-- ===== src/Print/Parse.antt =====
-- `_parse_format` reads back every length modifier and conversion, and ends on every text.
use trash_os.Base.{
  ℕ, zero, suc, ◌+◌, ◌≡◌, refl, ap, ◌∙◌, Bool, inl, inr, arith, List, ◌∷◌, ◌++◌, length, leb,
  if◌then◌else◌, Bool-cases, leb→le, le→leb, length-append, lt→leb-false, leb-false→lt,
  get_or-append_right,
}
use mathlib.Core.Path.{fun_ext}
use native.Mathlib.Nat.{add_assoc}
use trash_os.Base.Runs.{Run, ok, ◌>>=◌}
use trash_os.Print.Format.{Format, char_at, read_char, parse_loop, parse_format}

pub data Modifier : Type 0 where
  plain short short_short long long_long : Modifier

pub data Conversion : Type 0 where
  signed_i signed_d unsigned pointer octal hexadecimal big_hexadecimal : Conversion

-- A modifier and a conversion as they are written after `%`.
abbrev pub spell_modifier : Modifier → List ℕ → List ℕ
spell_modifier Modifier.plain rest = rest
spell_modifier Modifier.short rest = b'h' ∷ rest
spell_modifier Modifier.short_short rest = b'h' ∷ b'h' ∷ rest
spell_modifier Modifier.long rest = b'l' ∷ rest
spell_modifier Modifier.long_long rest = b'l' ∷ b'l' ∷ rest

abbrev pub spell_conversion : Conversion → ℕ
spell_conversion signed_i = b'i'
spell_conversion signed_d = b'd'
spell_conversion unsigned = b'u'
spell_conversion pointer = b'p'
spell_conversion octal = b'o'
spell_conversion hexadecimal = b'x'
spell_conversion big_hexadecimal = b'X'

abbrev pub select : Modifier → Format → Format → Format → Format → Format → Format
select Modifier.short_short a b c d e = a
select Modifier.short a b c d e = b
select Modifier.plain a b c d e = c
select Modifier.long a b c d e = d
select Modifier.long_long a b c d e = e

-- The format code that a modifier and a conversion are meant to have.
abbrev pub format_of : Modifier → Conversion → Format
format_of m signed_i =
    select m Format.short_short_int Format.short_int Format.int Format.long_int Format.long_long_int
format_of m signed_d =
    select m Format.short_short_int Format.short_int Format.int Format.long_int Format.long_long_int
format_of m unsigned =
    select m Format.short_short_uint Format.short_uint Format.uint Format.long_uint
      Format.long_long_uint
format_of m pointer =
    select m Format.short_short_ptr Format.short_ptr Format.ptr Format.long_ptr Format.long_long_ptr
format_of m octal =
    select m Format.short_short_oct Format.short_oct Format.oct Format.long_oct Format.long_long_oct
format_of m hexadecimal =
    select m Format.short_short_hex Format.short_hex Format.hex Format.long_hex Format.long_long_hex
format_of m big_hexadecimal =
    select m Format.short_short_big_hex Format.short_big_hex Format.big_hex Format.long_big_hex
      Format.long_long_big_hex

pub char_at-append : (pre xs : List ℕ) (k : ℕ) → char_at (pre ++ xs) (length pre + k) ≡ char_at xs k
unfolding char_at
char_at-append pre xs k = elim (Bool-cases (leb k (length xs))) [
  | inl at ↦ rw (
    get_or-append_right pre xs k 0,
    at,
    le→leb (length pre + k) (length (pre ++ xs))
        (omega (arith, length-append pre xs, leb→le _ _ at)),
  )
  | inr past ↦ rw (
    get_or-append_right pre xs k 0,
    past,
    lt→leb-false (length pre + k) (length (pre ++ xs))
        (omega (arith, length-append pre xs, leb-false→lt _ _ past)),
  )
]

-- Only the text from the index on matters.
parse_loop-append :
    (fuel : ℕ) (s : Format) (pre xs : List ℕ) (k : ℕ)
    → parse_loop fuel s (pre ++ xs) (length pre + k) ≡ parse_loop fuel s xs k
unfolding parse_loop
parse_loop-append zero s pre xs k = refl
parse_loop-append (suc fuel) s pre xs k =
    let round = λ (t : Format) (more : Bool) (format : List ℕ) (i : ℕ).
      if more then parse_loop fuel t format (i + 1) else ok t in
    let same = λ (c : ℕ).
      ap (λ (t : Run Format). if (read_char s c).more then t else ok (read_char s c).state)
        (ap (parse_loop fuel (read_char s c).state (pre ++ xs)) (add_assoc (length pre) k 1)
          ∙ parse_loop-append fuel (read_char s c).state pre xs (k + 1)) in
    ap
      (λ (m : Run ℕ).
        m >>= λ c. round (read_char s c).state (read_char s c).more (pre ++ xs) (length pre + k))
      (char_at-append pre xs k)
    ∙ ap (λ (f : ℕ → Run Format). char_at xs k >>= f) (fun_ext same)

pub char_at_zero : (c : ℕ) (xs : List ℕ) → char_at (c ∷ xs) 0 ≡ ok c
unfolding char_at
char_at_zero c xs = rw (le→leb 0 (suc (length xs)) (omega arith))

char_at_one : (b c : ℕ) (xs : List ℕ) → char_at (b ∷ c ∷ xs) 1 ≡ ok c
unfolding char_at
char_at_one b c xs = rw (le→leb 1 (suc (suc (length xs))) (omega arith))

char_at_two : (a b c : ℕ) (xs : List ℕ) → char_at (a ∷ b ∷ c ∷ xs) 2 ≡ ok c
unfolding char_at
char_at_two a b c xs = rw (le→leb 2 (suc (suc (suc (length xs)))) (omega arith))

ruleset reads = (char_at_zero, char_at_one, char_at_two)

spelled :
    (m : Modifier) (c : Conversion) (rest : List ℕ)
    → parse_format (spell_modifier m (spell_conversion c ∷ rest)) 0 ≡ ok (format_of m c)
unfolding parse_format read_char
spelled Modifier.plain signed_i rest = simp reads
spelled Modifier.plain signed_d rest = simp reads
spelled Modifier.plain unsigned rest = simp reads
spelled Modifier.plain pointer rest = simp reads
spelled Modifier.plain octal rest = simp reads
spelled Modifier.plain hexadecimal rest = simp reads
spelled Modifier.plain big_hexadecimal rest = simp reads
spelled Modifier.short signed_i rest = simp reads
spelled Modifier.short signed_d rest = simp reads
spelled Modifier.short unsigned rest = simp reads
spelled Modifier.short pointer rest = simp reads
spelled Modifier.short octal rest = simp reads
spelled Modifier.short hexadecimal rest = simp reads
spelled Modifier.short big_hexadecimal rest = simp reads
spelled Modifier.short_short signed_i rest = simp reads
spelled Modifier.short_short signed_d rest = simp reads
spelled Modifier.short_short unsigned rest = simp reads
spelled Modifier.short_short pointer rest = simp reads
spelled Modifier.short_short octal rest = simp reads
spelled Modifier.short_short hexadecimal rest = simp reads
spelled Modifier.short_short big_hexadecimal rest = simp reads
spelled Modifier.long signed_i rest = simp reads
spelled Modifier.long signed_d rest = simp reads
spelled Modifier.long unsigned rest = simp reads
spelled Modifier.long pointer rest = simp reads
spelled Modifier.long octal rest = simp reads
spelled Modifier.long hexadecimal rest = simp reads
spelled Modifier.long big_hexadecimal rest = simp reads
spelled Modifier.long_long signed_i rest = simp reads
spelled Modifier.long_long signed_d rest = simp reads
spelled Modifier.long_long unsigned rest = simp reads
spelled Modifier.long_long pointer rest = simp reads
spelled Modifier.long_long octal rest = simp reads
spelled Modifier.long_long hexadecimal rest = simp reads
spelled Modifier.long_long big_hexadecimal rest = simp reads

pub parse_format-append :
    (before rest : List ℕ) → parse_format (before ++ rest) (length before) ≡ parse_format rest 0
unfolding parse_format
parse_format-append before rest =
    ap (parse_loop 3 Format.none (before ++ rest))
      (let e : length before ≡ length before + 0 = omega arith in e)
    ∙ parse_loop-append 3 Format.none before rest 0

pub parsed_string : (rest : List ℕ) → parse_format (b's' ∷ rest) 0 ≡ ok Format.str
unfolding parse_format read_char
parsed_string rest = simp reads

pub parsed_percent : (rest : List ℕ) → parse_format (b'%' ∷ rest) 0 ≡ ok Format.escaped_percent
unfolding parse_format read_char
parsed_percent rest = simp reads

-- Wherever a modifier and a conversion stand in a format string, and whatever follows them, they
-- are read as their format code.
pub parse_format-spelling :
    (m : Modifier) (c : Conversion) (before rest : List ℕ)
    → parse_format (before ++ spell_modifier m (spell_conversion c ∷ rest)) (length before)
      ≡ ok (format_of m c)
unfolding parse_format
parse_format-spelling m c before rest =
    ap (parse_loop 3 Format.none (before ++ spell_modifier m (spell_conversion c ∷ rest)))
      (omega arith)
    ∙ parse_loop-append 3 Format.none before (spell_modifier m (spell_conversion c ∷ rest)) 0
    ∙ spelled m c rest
==
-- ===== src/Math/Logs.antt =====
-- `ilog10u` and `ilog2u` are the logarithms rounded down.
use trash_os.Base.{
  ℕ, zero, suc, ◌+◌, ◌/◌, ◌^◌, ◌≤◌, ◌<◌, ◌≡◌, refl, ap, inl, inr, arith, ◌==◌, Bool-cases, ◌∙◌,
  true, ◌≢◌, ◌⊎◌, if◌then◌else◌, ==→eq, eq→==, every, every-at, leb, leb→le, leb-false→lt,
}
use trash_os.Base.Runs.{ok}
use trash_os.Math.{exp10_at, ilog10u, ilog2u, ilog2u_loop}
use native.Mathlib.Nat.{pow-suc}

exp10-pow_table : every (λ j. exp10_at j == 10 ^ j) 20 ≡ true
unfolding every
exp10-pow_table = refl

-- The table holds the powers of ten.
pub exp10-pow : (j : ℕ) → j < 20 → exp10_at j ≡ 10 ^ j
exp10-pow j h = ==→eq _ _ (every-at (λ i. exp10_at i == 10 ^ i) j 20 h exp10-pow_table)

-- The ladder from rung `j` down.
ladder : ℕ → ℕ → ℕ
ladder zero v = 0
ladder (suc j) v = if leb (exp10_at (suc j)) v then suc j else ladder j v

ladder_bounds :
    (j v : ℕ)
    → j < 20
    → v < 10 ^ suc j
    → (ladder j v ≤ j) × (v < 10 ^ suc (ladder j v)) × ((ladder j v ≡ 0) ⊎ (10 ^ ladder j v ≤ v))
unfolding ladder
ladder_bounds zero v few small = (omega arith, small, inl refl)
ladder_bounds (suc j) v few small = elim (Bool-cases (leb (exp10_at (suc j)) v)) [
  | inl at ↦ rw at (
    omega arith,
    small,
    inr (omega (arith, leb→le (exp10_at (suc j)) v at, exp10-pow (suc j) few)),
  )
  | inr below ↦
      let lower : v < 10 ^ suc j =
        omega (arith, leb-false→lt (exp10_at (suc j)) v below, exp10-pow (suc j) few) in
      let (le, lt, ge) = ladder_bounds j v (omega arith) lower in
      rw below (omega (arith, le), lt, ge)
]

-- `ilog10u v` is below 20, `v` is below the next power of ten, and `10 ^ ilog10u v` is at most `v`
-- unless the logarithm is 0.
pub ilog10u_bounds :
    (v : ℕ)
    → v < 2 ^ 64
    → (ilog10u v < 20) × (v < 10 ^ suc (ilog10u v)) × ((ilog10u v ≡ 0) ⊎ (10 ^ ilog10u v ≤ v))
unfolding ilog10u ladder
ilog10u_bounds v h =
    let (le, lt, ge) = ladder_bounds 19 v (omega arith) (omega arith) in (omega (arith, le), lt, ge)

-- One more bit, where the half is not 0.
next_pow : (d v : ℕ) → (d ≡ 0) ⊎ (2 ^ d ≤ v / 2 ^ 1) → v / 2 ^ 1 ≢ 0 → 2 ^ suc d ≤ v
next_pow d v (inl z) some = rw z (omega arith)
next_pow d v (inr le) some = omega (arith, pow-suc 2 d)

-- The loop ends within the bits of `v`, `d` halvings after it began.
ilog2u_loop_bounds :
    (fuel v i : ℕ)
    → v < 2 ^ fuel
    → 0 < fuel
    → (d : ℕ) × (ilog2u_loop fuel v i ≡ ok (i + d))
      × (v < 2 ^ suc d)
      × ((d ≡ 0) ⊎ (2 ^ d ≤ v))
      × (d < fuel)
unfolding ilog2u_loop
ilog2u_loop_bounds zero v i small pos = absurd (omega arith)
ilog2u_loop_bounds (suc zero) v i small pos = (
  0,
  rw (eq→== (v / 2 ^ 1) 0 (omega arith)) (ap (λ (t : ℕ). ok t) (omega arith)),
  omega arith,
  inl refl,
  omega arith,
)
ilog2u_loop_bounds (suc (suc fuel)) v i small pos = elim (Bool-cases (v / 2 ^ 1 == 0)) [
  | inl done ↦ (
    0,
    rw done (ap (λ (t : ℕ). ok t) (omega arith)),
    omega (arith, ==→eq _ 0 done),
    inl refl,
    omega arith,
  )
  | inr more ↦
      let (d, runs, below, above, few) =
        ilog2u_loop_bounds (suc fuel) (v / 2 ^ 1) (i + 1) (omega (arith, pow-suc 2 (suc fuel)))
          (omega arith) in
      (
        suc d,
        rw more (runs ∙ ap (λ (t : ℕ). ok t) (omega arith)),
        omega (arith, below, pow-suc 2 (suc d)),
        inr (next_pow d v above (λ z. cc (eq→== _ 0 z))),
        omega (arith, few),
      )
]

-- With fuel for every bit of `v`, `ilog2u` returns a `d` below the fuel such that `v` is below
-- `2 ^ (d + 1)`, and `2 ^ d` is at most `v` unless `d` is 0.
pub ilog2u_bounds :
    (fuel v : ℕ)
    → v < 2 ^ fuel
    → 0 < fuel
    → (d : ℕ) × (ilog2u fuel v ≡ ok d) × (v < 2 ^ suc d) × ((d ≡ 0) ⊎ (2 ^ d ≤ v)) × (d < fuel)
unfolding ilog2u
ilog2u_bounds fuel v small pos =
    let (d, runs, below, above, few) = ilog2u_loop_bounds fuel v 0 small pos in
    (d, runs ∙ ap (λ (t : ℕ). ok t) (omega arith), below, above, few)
---
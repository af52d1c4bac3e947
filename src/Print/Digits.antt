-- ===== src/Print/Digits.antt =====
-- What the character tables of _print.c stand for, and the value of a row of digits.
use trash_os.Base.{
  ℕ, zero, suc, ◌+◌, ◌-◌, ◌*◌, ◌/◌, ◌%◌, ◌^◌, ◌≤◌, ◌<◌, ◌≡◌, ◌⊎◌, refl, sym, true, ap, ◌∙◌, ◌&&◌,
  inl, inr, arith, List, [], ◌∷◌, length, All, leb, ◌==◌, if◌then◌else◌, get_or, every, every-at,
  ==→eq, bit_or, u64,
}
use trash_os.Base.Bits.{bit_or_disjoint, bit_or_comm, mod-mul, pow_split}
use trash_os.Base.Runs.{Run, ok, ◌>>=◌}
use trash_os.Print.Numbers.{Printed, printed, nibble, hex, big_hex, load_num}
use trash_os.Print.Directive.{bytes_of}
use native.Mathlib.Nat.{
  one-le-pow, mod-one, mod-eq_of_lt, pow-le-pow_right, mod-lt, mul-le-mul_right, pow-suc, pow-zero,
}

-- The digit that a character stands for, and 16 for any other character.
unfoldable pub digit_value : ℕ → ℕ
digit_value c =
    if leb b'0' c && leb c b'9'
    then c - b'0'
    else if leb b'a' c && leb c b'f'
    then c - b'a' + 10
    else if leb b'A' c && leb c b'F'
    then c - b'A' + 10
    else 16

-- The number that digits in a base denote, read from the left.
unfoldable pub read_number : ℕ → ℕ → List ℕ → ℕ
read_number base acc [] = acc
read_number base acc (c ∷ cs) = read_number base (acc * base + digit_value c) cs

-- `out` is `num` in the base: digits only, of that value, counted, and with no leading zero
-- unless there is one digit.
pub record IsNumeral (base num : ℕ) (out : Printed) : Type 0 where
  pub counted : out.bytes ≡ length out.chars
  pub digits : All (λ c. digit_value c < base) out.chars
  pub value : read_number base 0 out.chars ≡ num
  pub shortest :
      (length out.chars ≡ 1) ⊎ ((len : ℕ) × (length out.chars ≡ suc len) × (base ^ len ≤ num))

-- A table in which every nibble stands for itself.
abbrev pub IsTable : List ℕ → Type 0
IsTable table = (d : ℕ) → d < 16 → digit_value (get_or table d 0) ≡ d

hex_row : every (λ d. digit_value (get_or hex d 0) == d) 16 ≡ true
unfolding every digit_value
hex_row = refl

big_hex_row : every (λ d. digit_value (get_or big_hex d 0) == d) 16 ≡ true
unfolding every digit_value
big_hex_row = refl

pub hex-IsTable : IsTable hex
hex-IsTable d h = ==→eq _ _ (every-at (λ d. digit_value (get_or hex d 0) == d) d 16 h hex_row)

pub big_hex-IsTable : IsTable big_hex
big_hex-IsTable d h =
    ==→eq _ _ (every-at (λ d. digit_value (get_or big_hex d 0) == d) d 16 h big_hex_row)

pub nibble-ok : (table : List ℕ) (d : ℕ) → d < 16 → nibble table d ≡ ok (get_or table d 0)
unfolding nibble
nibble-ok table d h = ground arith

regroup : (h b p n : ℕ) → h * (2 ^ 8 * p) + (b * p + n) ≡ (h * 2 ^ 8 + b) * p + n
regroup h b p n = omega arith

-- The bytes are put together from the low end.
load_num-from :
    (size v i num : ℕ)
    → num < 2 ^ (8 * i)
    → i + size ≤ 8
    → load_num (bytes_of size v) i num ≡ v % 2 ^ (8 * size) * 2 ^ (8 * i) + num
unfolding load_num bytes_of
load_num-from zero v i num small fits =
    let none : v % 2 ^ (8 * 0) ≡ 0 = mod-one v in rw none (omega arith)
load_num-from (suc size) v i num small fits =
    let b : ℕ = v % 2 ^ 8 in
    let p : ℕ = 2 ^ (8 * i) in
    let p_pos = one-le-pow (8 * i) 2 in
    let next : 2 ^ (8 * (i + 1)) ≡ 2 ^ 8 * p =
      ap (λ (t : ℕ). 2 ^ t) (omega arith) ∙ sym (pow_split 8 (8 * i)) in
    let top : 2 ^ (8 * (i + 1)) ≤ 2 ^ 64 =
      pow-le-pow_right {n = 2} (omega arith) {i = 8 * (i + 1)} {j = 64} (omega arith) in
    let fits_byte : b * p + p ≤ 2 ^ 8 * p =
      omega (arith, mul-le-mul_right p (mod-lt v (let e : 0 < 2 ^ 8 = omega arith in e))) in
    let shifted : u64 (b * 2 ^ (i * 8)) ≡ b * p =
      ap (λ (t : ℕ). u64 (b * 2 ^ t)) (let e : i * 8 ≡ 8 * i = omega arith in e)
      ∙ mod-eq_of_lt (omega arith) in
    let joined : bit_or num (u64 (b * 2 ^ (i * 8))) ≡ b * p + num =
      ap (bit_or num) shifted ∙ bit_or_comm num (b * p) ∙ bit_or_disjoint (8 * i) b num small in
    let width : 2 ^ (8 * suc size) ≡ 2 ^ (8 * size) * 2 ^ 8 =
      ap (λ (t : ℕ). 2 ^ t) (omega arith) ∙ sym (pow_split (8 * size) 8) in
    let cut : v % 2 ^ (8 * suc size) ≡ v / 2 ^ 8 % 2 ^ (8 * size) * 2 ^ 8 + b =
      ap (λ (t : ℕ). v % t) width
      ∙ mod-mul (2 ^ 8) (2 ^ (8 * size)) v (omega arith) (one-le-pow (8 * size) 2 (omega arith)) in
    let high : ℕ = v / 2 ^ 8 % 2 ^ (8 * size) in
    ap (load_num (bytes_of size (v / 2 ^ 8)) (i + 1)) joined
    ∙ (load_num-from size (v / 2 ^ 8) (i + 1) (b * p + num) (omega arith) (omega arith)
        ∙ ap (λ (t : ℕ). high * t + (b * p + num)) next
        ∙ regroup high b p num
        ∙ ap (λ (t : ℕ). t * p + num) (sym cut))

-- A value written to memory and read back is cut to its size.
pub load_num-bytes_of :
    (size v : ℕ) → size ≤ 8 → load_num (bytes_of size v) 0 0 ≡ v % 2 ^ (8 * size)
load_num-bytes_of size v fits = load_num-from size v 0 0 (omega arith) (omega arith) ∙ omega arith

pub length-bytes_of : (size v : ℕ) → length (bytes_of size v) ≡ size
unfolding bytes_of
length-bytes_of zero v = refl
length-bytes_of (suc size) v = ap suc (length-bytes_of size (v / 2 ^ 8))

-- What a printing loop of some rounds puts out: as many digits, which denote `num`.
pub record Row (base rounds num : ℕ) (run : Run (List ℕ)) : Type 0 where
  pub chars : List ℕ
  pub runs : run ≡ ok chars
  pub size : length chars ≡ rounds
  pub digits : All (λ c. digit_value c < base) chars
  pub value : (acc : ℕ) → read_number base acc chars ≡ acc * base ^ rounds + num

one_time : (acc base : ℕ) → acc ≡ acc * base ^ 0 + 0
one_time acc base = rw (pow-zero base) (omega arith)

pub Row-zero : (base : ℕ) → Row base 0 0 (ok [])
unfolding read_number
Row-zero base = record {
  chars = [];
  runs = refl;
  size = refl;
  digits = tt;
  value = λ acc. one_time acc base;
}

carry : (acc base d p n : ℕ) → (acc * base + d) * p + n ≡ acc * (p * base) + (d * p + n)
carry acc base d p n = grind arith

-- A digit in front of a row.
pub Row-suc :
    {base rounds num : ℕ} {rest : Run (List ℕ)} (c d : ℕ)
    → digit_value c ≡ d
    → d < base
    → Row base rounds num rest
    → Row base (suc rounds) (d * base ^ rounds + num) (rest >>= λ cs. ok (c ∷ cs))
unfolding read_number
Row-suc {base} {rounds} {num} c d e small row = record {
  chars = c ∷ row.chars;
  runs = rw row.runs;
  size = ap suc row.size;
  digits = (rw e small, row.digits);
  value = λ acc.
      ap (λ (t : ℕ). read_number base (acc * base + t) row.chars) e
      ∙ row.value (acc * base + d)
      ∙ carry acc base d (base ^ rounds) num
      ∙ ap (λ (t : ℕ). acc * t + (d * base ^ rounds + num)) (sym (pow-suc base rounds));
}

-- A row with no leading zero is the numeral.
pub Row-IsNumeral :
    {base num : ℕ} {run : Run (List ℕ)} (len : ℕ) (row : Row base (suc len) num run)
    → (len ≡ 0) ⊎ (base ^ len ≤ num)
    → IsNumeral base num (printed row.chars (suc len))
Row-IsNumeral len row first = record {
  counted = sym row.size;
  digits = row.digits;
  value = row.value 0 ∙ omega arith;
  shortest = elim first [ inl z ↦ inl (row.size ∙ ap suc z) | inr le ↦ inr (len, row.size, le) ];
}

> **About this exercise**: Output the lines above exactly, but only those between the line holding "let high : ℕ" and the line holding "-- A value written", inclusive.

> **Answer for this exercise**:
    let high : ℕ = v / 2 ^ 8 % 2 ^ (8 * size) in
    ap (load_num (bytes_of size (v / 2 ^ 8)) (i + 1)) joined
    ∙ (load_num-from size (v / 2 ^ 8) (i + 1) (b * p + num) (omega arith) (omega arith)
        ∙ ap (λ (t : ℕ). high * t + (b * p + num)) next
        ∙ regroup high b p num
        ∙ ap (λ (t : ℕ). t * p + num) (sym cut))

-- A value written to memory and read back is cut to its size.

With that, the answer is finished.